Il s'agit de nouveau de suicide mais cette fois de celui
de Richard. Le poète atteint du sida, interprété par un
remarquable Ed Harris, ne supporte plus d'assister à sa
déliquescence physique et mentale. Il décide donc de mettre
fin à ses jours en se jetant par la fenêtre. Cette séquence
du suicide de Richard est entrecoupée par une discussion
au coin du feu entre Virginia Woolf et son mari. “ Pourquoi
veux-tu tuer un de tes personnages ? ”, demande
Leonard Woolf. “ Pour que les autres comprennent
l'importance de la vie. Par contraste. ”, répond
l'écrivain. “ Et qui vas-tu faire mourir ? ”,
poursuit le mari. “ Le poète, le visionnaire ”,
répond Virginia Woolf. La richesse de The Hours,
cette adaptation du roman homonyme de Michael Cunningham
(récompensé par le prix Pulitzer en 1999) par le scénariste
David Hare, réside dans cette capacité à déconstruire le
mécanisme du récit. Chaque intervention du personnage de
Virginia Woolf explicite les rebondissements qui jalonnent
le film. Un peu comme si l'explication de texte était contenue
dans le texte même.
Au début du film, il paraît évident que Laura Brown, avec
ses yeux embués en permanence et son teint plus que pâlot,
est en route pour le cimetière. Le fait qu'elle se suicide
à un moment ou à un autre du récit semble acquis. Mais alors
que les dés ont tout l'air d'être jetés, alors que mademoiselle
Brown n'a plus qu'à avaler les médicaments contenus dans
son sac pour rejoindre ses ancêtres, le scénario bifurque,
s'écarte de la route narrative toute tracée pour prendre
une direction surprenante. Laura Brown décide finalement
de rester en vie.

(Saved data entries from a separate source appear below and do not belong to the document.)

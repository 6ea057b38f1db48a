-- ===== src/Plan/Order.antt =====
-- `topological_order` of crates/node/src/planner/plan.rs: Kahn's algorithm. A hash map from the ids
-- of the steps is a function; no key but those is ever read.
use n3ur0n.Prelude.{
  leb, eqb, if◌then◌else◌, length, filter, sort, ℕ, zero, suc, ◌+◌, ◌-◌, ◌^◌, String, Bool, Option,
  none, some, List, [], ◌∷◌, ◌++◌, map, ◌==◌,
}
use n3ur0n.Lobe.{contains}
use n3ur0n.Plan.{Plan, Link, links}

-- `indeg` once the loop over the dependencies is done.
unfoldable pub indegree : List Link → String → ℕ
indegree [] k = 0
indegree ((id, deps) ∷ ls) k = (if id == k then length deps else 0) + indegree ls k

-- `edges[k]` once that loop is done: the steps that wait for `k`, in the order of the plan.
unfoldable pub outs : List Link → String → List String
outs [] k = []
outs ((id, deps) ∷ ls) k = let rest = outs ls k in if contains deps k then id ∷ rest else rest

-- `plan_idx.get(id)`: of several steps with the id, the last.
unfoldable pub index_from : ℕ → List Link → String → Option ℕ
index_from i [] k = none
index_from i ((id, deps) ∷ ls) k = elim (index_from (suc i) ls k) [
  | some j ↦ some j
  | none ↦ if id == k then some i else none
]

-- `unwrap_or(usize::MAX)`
abbrev or_max : Option ℕ → ℕ
or_max none = 2 ^ 64 - 1
or_max (some i) = i

abbrev pub by_index : List Link → String → String → Bool
by_index ls a b = leb (or_max (index_from 0 ls a)) (or_max (index_from 0 ls b))

abbrev pub unlike_head : String → List String → List String
unlike_head x [] = x ∷ []
unlike_head x (y ∷ ys) = if x == y then y ∷ ys else x ∷ y ∷ ys

-- `Vec::dedup`: of equal neighbours, one is kept.
unfoldable pub dedup : List String → List String
dedup [] = []
dedup (x ∷ xs) = unlike_head x (dedup xs)

unfoldable pub edges_of : List Link → String → List String
edges_of ls k = dedup (sort (by_index ls) (outs ls k))

-- The steps that wait for nothing more and were not taken yet, and what each step still waits for.
pub record Frontier : Type 0 where
  pub queue : List String
  pub indeg : String → ℕ

abbrev pub lowered : (String → ℕ) → String → String → ℕ
lowered indeg o k = if o == k then indeg k - 1 else indeg k

-- The loop over `outs` once a step is done.
unfoldable pub release : List String → Frontier → Frontier
release [] fr = fr
release (o ∷ os) fr =
    let less = lowered fr.indeg o in
    let freed = eqb (less o) 0 in
    release os (record { queue = (if freed then fr.queue ++ o ∷ [] else fr.queue); indeg = less })

abbrev pub seed : List Link → Frontier
seed ls = record {
  queue = filter (λ id. eqb (indegree ls id) 0) (map (λ (l : Link). l.0) ls);
  indeg = indegree ls;
}

-- The loop over the queue: the order so far, and what is left.
unfoldable pub kahn : List Link → ℕ → List String → Frontier → List String × Frontier
kahn ls zero order fr = (order, fr)
kahn ls (suc fuel) order fr = elim fr.queue [
  | [] ↦ (order, fr)
  | id ∷ rest ↦
      kahn ls fuel (order ++ id ∷ [])
        (release (edges_of ls id) (record { queue = rest; indeg = fr.indeg }))
]

-- The order, which the source wraps in `Ok`.
unfoldable pub topological_order : Plan → List String
topological_order plan = (kahn (links plan) (length plan) [] (seed (links plan))).0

Pour expliquer ce revirement, intervient
alors le personnage de Virginia Woolf, qui démontre combien
faire mourir une héroïne qu'elle s'appelle Laura Brown ou
Mrs Dalloway est une solution de facilité. Conserver en
vie ces personnages a en effet bien plus de poids, bien
plus de force. La poursuite de leur existence suggère en
effet que pour une femme, l'émancipation est un combat.
Alors que le choix du suicide correspondrait à une sorte
d'acceptation de l'ordre établi, à un aveu de défaite.